Bernard Lembey Président d'Actival
Propos recueillis par Bénédicte Saint-André|25/07/2016 14:50|0 commentaires| Mis à jour à: 14:50
Actival est une association née de l'opposition citoyenne au projet de traversée centrale des Pyrénées par voie ferroviaire. Ce nouvel axe consisterait en un tunnel de 42 kilomètres creusé à basse altitude reliant Saragosse au reste de l’Europe. Le lobby pro-TCP avance les arguments de l’écologie et du développement local. Bernard Lembeye, président de l'association présent à Bayonne lors du forum GPII, voit là des leurres insupportables. Entretien.
Dans le contexte actuel il y a des enjeux géopolitiques extrêmement importants du point de vue de Madrid. Elle souhaite obtenir une autonomie au niveau de la sortie du territoire vers le Nord en voulant se débarrasser des littoraux puisqu'il y a là de fortes velléités d'indépendance.
Quelle est la genèse du projet de TCP contre lequel vous vous battez ?
Bernard Lembeye : Ce projet de traversée centrale des Pyrénées est un projet européen défini en 2002 par la Commission européenne des transports, le projet n° 16. Il doit permettre de relier le sud de la péninsule ibérique, c'est à dire Sines au Portugal, Algeciras au sud de l'Espagne, remonter vers Madrid, ensuite Saragosse à travers la province aragonaise et enfin traverser les Pyrénées pour rejoindre Paris.
Sauf que c'est un projet qui doit essentiellement alimenter l'Europe du Nord et qui va créer une énorme balafre à l'intérieur des territoires alors que les voies maritimes seraient plus facilement exploitables et beaucoup moins génératrices de pollution. La TCP génèrerait un afflux supplémentaire de camions sur les routes sans résoudre le problème des goulets d’étranglement sur les littoraux, et au détriment des équilibres locaux.
Certains ne sont pas sensibles aux enjeux écologiques. Mais, le projet est-il rentable ?
B.L : Non plus ! De manière générale, les projets présents lors de ce forum sont des projets pharaoniques pour lesquels on gaspille éhontément de l'argent public. Et en ce qui nous concerne, ce projet est complètement contre-productif en terme économique. 90 % des flux de marchandises transitent par les littoraux méditerranéen et atlantique étant donné que les deux poumons économiques de l'Espagne sont la Catalogne et le Pays Basque. C'est donc un paradoxe de vouloir rallier le centre de la péninsule alors qu'économiquement cela ne se justifie pas du tout.
Comment l'expliquer alors ?
B.L : Dans le contexte actuel il y a des enjeux géopolitiques extrêmement importants du point de vue de Madrid.
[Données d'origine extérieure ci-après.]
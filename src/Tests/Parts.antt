-- ===== src/Tests/Parts.antt =====
-- The theorems on encryption, keys and names at concrete inputs.
use secure_storage.Naming.Nul.{twin_of-paths, twin_of}
use secure_storage.Base.{
  ◌≢◌, ℕ, ◌≡◌, ◌≢◌, ◌↔◌, refl, ◌⊎◌, true, false, none, some, List, [], ◌∷◌, ◌++◌, length, replicate,
}
use secure_storage.Base.Text.{back_is, has_char, c_str, Str, Bytes, codes, str_eq}
use secure_storage.Error.{success, invalid_argument, crypto_library_error, key_derivation_failed}
use secure_storage.Crypto.KeyProvider.{KeyProvider, get_encryption_key}
use secure_storage.Crypto.KeyProvider.Laws.{get_encryption_key_lem}
use secure_storage.Crypto.Encryptor.{decrypt, ready?, open_parts}
use secure_storage.Crypto.Encryptor.Laws.{IsSealed}
use secure_storage.Crypto.Encryptor.Decrypting.{decrypt-sealed, decrypt-IsSealed}
use secure_storage.Crypto.Toy.{toy, toy-IsLawful}
use secure_storage.Naming.{
  get_temp_file_path, get_backup_file_path, get_data_file_path, validate_data_id, ends_with,
  data_file_extension,
}
use secure_storage.Naming.Ids.{IsId, validate_data_id_iff}
use secure_storage.Tests.Values.{
  valid_id, an_id, top, some_data, key, an_encryptor, sealed_data, sealed_data-IsSealed,
}

is_ready : ready? toy an_encryptor ≢ none
unfolding ready?
is_ready e = cc

decrypt-sealed_example : decrypt toy sealed_data key [] [] an_encryptor ≡ (success, some_data)
decrypt-sealed_example =
    decrypt-sealed toy toy-IsLawful some_data key [] sealed_data [] an_encryptor
      sealed_data-IsSealed is_ready

decrypts : (decrypt toy sealed_data key [] [] an_encryptor).0 ≡ success
unfolding decrypt open_parts ready? str_eq
decrypts = refl

decrypt-IsSealed_example :
    IsSealed toy toy-IsLawful (decrypt toy sealed_data key [] [] an_encryptor).1 key [] sealed_data
decrypt-IsSealed_example =
    decrypt-IsSealed toy toy-IsLawful sealed_data key [] [] an_encryptor decrypts

-- A tag of ones.
abbrev forged : Bytes
forged = replicate 12 7 ++ (some_data ++ replicate 16 1)

forged_fails : (decrypt toy forged key [] [] an_encryptor).0 ≢ success
unfolding decrypt open_parts ready? str_eq
forged_fails e = cc

abbrev provider : KeyProvider
provider = record { device_serial_number = codes "S1"; salt = codes "s"; info = codes "i" }

abbrev size : ℕ
size = 32

get_encryption_key_lem_example :
    let (e, k) = get_encryption_key toy provider [] size in
    ((e ≡ invalid_argument) × ((provider.device_serial_number ≡ []) ⊎ (size ≡ 0)) × (k ≡ []))
    ⊎ ((e ≡ crypto_library_error) × (toy.has_sha256 ≡ false) × (k ≡ []))
    ⊎ ((e ≡ key_derivation_failed)
        × (toy.hkdf provider.salt provider.device_serial_number provider.info size ≡ none)
        × (k ≡ []))
    ⊎ ((e ≡ success)
        × (provider.device_serial_number ≢ [])
        × (toy.hkdf provider.salt provider.device_serial_number provider.info size ≡ some k)
        × (length k ≡ size))
get_encryption_key_lem_example = get_encryption_key_lem toy toy-IsLawful provider [] size

validate_data_id_iff_example :
    ((validate_data_id (codes "a..b") ≡ success) ↔ IsId (codes "a..b"))
    × ((validate_data_id (codes "a..b") ≡ success)
        ⊎ (validate_data_id (codes "a..b") ≡ invalid_argument))
validate_data_id_iff_example = validate_data_id_iff (codes "a..b")

abbrev files : List Str
files = codes "b.enc" ∷ codes "a.enc.bak" ∷ codes "a.enc" ∷ []

ends : ends_with (codes "a.enc") data_file_extension ≡ true
unfolding ends_with str_eq
ends = refl

-- The id "a.enc" with a NUL byte has the main file of "a" for all its paths.
twin_of-paths_example :
    (validate_data_id (twin_of an_id) ≡ success)
    × (twin_of an_id ≢ an_id)
    × (c_str (get_data_file_path top (twin_of an_id)) ≡ get_data_file_path top an_id)
    × (c_str (get_backup_file_path top (twin_of an_id)) ≡ get_data_file_path top an_id)
    × (c_str (get_temp_file_path top (twin_of an_id)) ≡ get_data_file_path top an_id)
unfolding has_char back_is
twin_of-paths_example = twin_of-paths top an_id refl valid_id refl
Elle souhaite obtenir une autonomie au niveau de la sortie du territoire vers le Nord en voulant se débarrasser des littoraux puisqu'il y a là de fortes velléités d'indépendance.
Initialement, ce projet visait une rationalisation des flux de marchandises en favorisant le fret ferroviaire. Qu'en pensez-vous ?
B.L : Il se trouve qu'aujourd'hui il n'y a ni les moyens de satisfaire ces ambitions ni la nécessité économique ou financière de le faire. Le tunnel du Perthus ouvert il y a quelques années sur la partie Est, de Perpignan à Figueras, est aujourd'hui en dépôt de bilan avec un déficit d'un demi-milliard d'euros. Or en principe c'est sur cet axe là qu'il devrait y avoir les besoins les plus importants de fret, c'est-à-dire non pas des camions mais des containers sur les trains. Mais, il n'y a pas la volonté politique de le faire. C'est la raison pour laquelle nous disons comme nos collègues du Lyon Turin, que le jour où il y aura 70% de fret qui sera réalisé sur l'ensemble du territoire, il sera temps de ré-envisager complètement la problématique qui est posée là. Mais pas avant.